Activity:
Stop at the line containing "(s', err e)": every line of the listing from the first up to that one must be set down exactly.

Material for the task:
=== Begin Enclosure ===

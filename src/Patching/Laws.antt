-- ===== src/Patching/Laws.antt =====
-- What util/patch relies on: the documentation of wait.ExponentialBackoff and of kerrors.NewAggregate,
-- and the optimistic lock of the API server.
use addonconfig.Common.Result.{Result, ok, err}
use addonconfig.Common.{
  ℕ, zero, suc, String, Bool, true, false, ◌≡◌, ◌⊎◌, ◌≤◌, ◌<◌, ◌+◌, ◌*◌, refl, sym, ap, arith,
  some_not_none, Option, none, some, List, [], ◌∷◌, ◌∙◌, inl, inr, All,
}
use addonconfig.Api.Condition.{Conditions}
use addonconfig.Patching.Platform.{Platform, Backoff, ObjectKey}

abbrev pub with_steps : Backoff → ℕ → Backoff
with_steps b n = record b { steps = n }

module _ {Error Object : Type 0} (p : Platform Error Object) where
  -- "ExponentialBackoff repeats a condition check": up to `Steps` times, until it is true or fails.
  pub record Retries (S : Type 0) : Type 0 where
    pub no_steps :
        (b : Backoff) (f : S → S × Result Error Bool) (s : S)
        → p.exponential_backoff S (with_steps b 0) f s ≡ (s, some p.timeout)
    pub finished :
        (b : Backoff) (n : ℕ) (f : S → S × Result Error Bool) (s s' : S)
        → f s ≡ (s', ok true)
        → p.exponential_backoff S (with_steps b (suc n)) f s ≡ (s', none)
    pub again :
        (b : Backoff) (n : ℕ) (f : S → S × Result Error Bool) (s s' : S)
        → f s ≡ (s', ok false)
        → p.exponential_backoff S (with_steps b (suc n)) f s
          ≡ p.exponential_backoff S (with_steps b n) f s'
    pub given_up :
        (b : Backoff) (n : ℕ) (f : S → S × Result Error Bool) (s s' : S) (e : Error)
        → f s ≡ (s', err e)
        → p.exponential_backoff S (with_steps b (suc n)) f s ≡ (s', some e)

  -- A patch with the optimistic lock is accepted only while the object is as it was read, and then
  -- leaves on the server the conditions that it was given. `stored` are the conditions of the object
  -- on the server.
  pub record Locking (stored : p.State → Conditions) : Type 0 where
    pub get_conditions-set :
        (obj : Object) (cs : Conditions) → p.get_conditions (p.set_conditions obj cs) ≡ cs
    pub locked :
        (s s' : p.State) (before after : Object)
        → p.patch_locked s before after ≡ (s', ok tt)
        → (stored s ≡ p.get_conditions before) × (stored s' ≡ p.get_conditions after)

  -- An aggregate is nil exactly where each of the errors given to it is.
  pub record Aggregates : Type 0 where
    pub no_errors : (es : List (Option Error)) → All (λ e. e ≡ none) es → p.aggregate es ≡ none
    pub all_nil : (es : List (Option Error)) → p.aggregate es ≡ none → All (λ e. e ≡ none) es

  -- To write the observed generation into the status of an object keeps its conditions.
  pub record Observing : Type 0 where
    pub conditions_kept :
        (obj obj' : Object) (fields after : List (String × p.Json))
        → p.to_unstructured obj ≡ ok fields
        → p.set_nested_field fields (p.get_generation fields) ("status" ∷ "observedGeneration" ∷ [])
          ≡ ok after
        → p.from_unstructured after obj ≡ ok obj'
        → p.get_conditions obj' ≡ p.get_conditions obj

  -- A patch with the lock is accepted, or refused for one of the changes of other clients: `rivals` are
  -- those that they have still to make.
  abbrev pub IsLockable : (p.State → ℕ) → p.State → Object → Type 0
  IsLockable rivals s latest =
      (after : Object)
      → ((p.patch_locked s latest after).1 ≡ ok tt)
        ⊎ ((e : Error) × ((p.patch_locked s latest after).1 ≡ err e)
            × (p.is_conflict e ≡ true)
            × (rivals (p.patch_locked s latest after).0 < rivals s))

  -- What is known where other clients leave off changing the object: it can be read, and a patch of what
  -- was read just before is refused only for a change since then.
  pub record Contended (rivals : p.State → ℕ) : Type 0 where
    pub readable :
        (s : p.State) (k : ObjectKey)
        → (latest : Object) × ((p.get s k).1 ≡ ok latest)
          × (rivals (p.get s k).0 ≤ rivals s)
          × IsLockable rivals (p.get s k).0 latest

  -- What follows a round: the end, with or without an error, or the rounds that are left.
  abbrev pub resume :
      {S : Type 0} → (S → S × Option Error) → S × Result Error Bool → S × Option Error
  resume rest (s, err e) = (s, some e)
  resume rest (s, ok true) = (s, none)
  resume rest (s, ok false) = rest s

  -- The loop that `ExponentialBackoff` runs, as a function of the steps left.
  unfoldable pub attempts : {S : Type 0} → ℕ → (S → S × Result Error Bool) → S → S × Option Error
  attempts zero f s = (s, some p.timeout)
  attempts (suc n) f s = resume (attempts n f) (f s)

  pub backoff-attempts :
      (S : Type 0)
      → Retries S
      → (b : Backoff) (n : ℕ) (f : S → S × Result Error Bool) (s : S)
      → p.exponential_backoff S (with_steps b n) f s ≡ attempts n f s
  unfolding attempts
  backoff-attempts S laws b zero f s = laws.no_steps b f s
  backoff-attempts S laws b (suc n) f s = go (f s) refl (λ s'. backoff-attempts S laws b n f s')
    where
      go :
          (r : S × Result Error Bool)
          → f s ≡ r
          → ((s' : S) → p.exponential_backoff S (with_steps b n) f s' ≡ attempts n f s')
          → p.exponential_backoff S (with_steps b (suc n)) f s ≡ resume (attempts n f) (f s)
      go (s', ok true) e ih = laws.finished b n f s s' e ∙ ap (resume (attempts n f)) (sym e)
      go (s', ok false) e ih = laws.again b n f s s' e ∙ ih s' ∙ ap (resume (attempts n f)) (sym e)
      go (s', err x) e ih = laws.given_up b n f s s' x e ∙ ap (resume (attempts n f)) (sym e)

  module _ {S : Type 0} (f : S → S × Result Error Bool) where
    -- A run that ends without an error ends in a round that was finished, from a state with the
    -- invariant.
    pub attempts_end :
        (P : S → Type 0)
        → ((s : S) → P s → P (f s).0)
        → (n : ℕ) (s s' : S) → P s
        → attempts n f s ≡ (s', none)
        → (t : S) × P t × (f t ≡ (s', ok true))
    unfolding attempts
    attempts_end P keep zero s s' h e = absurd (some_not_none (ap (λ r. r.1) e))
    attempts_end P keep (suc n) s s' h e =
        go (f s) refl (keep s h) (λ t k. attempts_end P keep n t s' k) e
      where
        go :
            (r : S × Result Error Bool)
            → f s ≡ r
            → P r.0
            → ((t : S) → P t → attempts n f t ≡ (s', none) → (u : S) × P u × (f u ≡ (s', ok true)))
            → resume (attempts n f) r ≡ (s', none)
            → (t : S) × P t × (f t ≡ (s', ok true))
        go (t, ok true) e' k ih e = (s, h, e' ∙ ap (λ x. (x, ok true)) (ap (λ r. r.0) e))
        go (t, ok false) e' k ih e = ih t k e
        go (t, err x) e' k ih e = absurd (some_not_none (ap (λ r. r.1) e))

    -- What each round adds at most to a measure, the run adds at most as often as it has steps.
    pub attempts_bound :
        (size : S → ℕ) (k : ℕ)
        → ((s : S) → size (f s).0 ≤ size s + k)
        → (n : ℕ) (s : S) → size (attempts n f s).0 ≤ size s + n * k
    unfolding attempts
    attempts_bound size k step zero s = omega arith
    attempts_bound size k step (suc n) s = go (f s) (step s) (λ t. attempts_bound size k step n t)
      where
        go :
            (r : S × Result Error Bool)
            → size r.0 ≤ size s + k
            → ((t : S) → size (attempts n f t).0 ≤ size t + n * k)
            → size (resume (attempts n f) r).0 ≤ size s + suc n * k
        go (t, ok true) h ih = grind arith
        go (t, ok false) h ih = grind (arith, ih t)
        go (t, err x) h ih = grind arith

    -- A measure that a round with a conflict lowers, where no round that starts with the invariant
    -- fails: with more steps than the measure the run ends without an error.
    pub attempts_enough :
        (P : S → Type 0) (size : S → ℕ)
        → ((s : S) → P s → P (f s).0)
        → ((s : S) → P s → ((f s).1 ≡ ok true) ⊎ (((f s).1 ≡ ok false) × (size (f s).0 < size s)))
        → (n : ℕ) (s : S) → P s
        → size s < n
        → (attempts n f s).1 ≡ none
    unfolding attempts
    attempts_enough P size keep step zero s i h = absurd (omega arith)
    attempts_enough P size keep step (suc n) s i h =
        go (f s) (keep s i) (step s i) (λ t. attempts_enough P size keep step n t)
      where
        go :
            (r : S × Result Error Bool)
            → P r.0
            → ((r.1 ≡ ok true) ⊎ ((r.1 ≡ ok false) × (size r.0 < size s)))
            → ((t : S) → P t → size t < n → (attempts n f t).1 ≡ none)
            → (resume (attempts n f) r).1 ≡ none
        go (t, ok true) j d ih = refl
        go (t, ok false) j (inl d) ih = cc
        go (t, ok false) j (inr d) ih = ih t j (omega (arith, d.1))
        go (t, err x) j (inl d) ih = cc
        go (t, err x) j (inr d) ih = cc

=== End Enclosure ===

Solution to this task:
filename src/Patching/Laws.antt
-- ===== src/Patching/Laws.antt =====
-- What util/patch relies on: the documentation of wait.ExponentialBackoff and of kerrors.NewAggregate,
-- and the optimistic lock of the API server.
use addonconfig.Common.Result.{Result, ok, err}
use addonconfig.Common.{
  ℕ, zero, suc, String, Bool, true, false, ◌≡◌, ◌⊎◌, ◌≤◌, ◌<◌, ◌+◌, ◌*◌, refl, sym, ap, arith,
  some_not_none, Option, none, some, List, [], ◌∷◌, ◌∙◌, inl, inr, All,
}
use addonconfig.Api.Condition.{Conditions}
use addonconfig.Patching.Platform.{Platform, Backoff, ObjectKey}

abbrev pub with_steps : Backoff → ℕ → Backoff
with_steps b n = record b { steps = n }

module _ {Error Object : Type 0} (p : Platform Error Object) where
  -- "ExponentialBackoff repeats a condition check": up to `Steps` times, until it is true or fails.
  pub record Retries (S : Type 0) : Type 0 where
    pub no_steps :
        (b : Backoff) (f : S → S × Result Error Bool) (s : S)
        → p.exponential_backoff S (with_steps b 0) f s ≡ (s, some p.timeout)
    pub finished :
        (b : Backoff) (n : ℕ) (f : S → S × Result Error Bool) (s s' : S)
        → f s ≡ (s', ok true)
        → p.exponential_backoff S (with_steps b (suc n)) f s ≡ (s', none)
    pub again :
        (b : Backoff) (n : ℕ) (f : S → S × Result Error Bool) (s s' : S)
        → f s ≡ (s', ok false)
        → p.exponential_backoff S (with_steps b (suc n)) f s
          ≡ p.exponential_backoff S (with_steps b n) f s'
    pub given_up :
        (b : Backoff) (n : ℕ) (f : S → S × Result Error Bool) (s s' : S) (e : Error)
        → f s ≡ (s', err e)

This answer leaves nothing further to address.